Effect of Stress-Strain Curve on Burst Pressure Prediction for Pipelines With and Without Corrosion Defects

Abstract

Abstract Recent research in remaining burst strength prediction models for corroded pipeline has found that the material strain hardening property (stress-strain curve shape) is crucial for improving the prediction accuracy. The comparison between finite element analysis (FEA) and full-scale burst test results in a recent study also demonstrated strong evidence of the plastic instability failure mechanism for pipe samples with corrosion defects, suggesting that the strain hardening property has a key role in the burst strength of corroded pipes. In this paper, analytical burst pressure prediction models for pipes with and without corrosion defects are briefly reviewed to illustrate the theoretical basis for including the strain hardening property in the model prediction. A suite of parametric FEA was then conducted on previously tested pipe samples with two different materials to further investigate the effect of the strain hardening property on the burst pressure prediction of corroded pipelines.
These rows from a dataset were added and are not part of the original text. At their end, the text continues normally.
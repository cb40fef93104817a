-- ===== src/SignIn/Authenticators.antt =====
-- packages/danaus/src/web/controllers/login/lib/forms.ts: the forms that a passkey or a security key
-- fills, `passkeyLoginForm` and `verifyWebAuthnForm`.
use danaus.Prelude.{ℕ, String, Bool, true, false, not, Option, none, some, if◌then◌else◌, str_eq}
use danaus.Mfa.{WebauthnCredential}
use danaus.Mfa.Challenges.{consume_passkey_login_challenge}
use danaus.Mfa.WebAuthn.{
  get_webauthn_credential_by_credential_id, update_webauthn_credential_counter,
}
use danaus.WebSessions.{VerifyChallenge, get_verify_challenge}
use danaus.SignIn.{
  Server, SignInDb, Visit, WebAuthnResponse, Outcome, invalid, throws, to_login, sign_in, complete,
  challenge_or_empty,
}

module _ (V : Server) where
  -- What an assertion that is verified changes: the counter of its credential.
  abbrev pub after_assertion : Option (Bool × ℕ) → WebauthnCredential → SignInDb → Bool × SignInDb
  after_assertion none credential s = (false, s)
  after_assertion (some (false, counter)) credential s = (false, s)
  after_assertion (some (true, counter)) credential s =
      (true, record s { mfa = update_webauthn_credential_counter credential.id counter s.mfa })

  -- The challenge was issued and not yet used, and the assertion is verified.
  abbrev pub with_passkey :
      Bool → Option (Bool × ℕ) → WebauthnCredential → String → Visit → SignInDb → Outcome × SignInDb
  with_passkey false result credential target visit s = (invalid, s)
  with_passkey true result credential target visit s =
      let checked = after_assertion result credential s in
      if checked.0
      then sign_in V credential.did true visit target checked.1
      else (invalid, checked.1)

  abbrev pub after_credential :
      WebauthnCredential
      → WebAuthnResponse
      → Option String
      → String
      → Visit
      → SignInDb
      → Outcome × SignInDb
  after_credential credential response none target visit s = (throws, s)
  after_credential credential response (some challenge) target visit s =
      let consumed = consume_passkey_login_challenge V.clock challenge visit.now s.mfa in
      with_passkey consumed.0 (V.authenticate response challenge credential) credential target visit
        (record s { mfa = consumed.1 })

  abbrev pub after_lookup :
      Option WebauthnCredential → WebAuthnResponse → String → Visit → SignInDb → Outcome × SignInDb
  after_lookup none response target visit s = (invalid, s)
  after_lookup (some credential) response target visit s =
      after_credential credential response response.client_challenge target visit s

  unfoldable pub passkey_login_form :
      WebAuthnResponse → String → Visit → SignInDb → Outcome × SignInDb
  passkey_login_form response target visit s =
      after_lookup (get_webauthn_credential_by_credential_id response.id s.mfa) response target
        visit s

  -- The key is the account's, and its assertion is verified.
  abbrev pub with_assertion :
      Option (Bool × ℕ)
      → VerifyChallenge
      → WebauthnCredential
      → String
      → Visit
      → SignInDb
      → Outcome × SignInDb
  with_assertion result challenge credential target visit s =
      let checked = after_assertion result credential s in
      if not (str_eq credential.did challenge.did)
      then (invalid, s)
      else if checked.0
      then complete V challenge target visit checked.1
      else (invalid, checked.1)

  abbrev pub after_key :
      VerifyChallenge
      → Option WebauthnCredential
      → WebAuthnResponse
      → String
      → Visit
      → SignInDb
      → Outcome × SignInDb
  after_key challenge none response target visit s = (invalid, s)
  after_key challenge (some credential) response target visit s =
      with_assertion
        (V.authenticate response (challenge_or_empty challenge.webauthn_challenge) credential)
        challenge credential target visit s

  abbrev pub with_key :
      Option VerifyChallenge → WebAuthnResponse → String → Visit → SignInDb → Outcome × SignInDb
  with_key none response target visit s = (to_login target, s)
  with_key (some challenge) response target visit s =
      if str_eq (challenge_or_empty challenge.webauthn_challenge) ""
      then (invalid, s)
      else after_key challenge (get_webauthn_credential_by_credential_id response.id s.mfa) response
          target visit s

  unfoldable pub verify_webauthn_form :
      String → WebAuthnResponse → String → Visit → SignInDb → Outcome × SignInDb
  verify_webauthn_form token response target visit s =
      let found = get_verify_challenge token visit.now s.web in
      with_key found.0 response target visit (record s { web = found.1 })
Based on the test evidence from a recent study, a plastic instability-based failure criterion was proposed for FEA prediction of the burst pressure. The proposed failure criterion was further validated by full-scale burst test results referenced in this study. Based on the FEA burst pressure prediction with the new failure criterion, the effect of the strain hardening property on burst strength of pipe samples with corrosion defects was quantitatively evaluated. Using the parametric FEA results, selected remaining burst strength models were critically examined. The outcome of the model assessment provided a basis for future improvement of these models.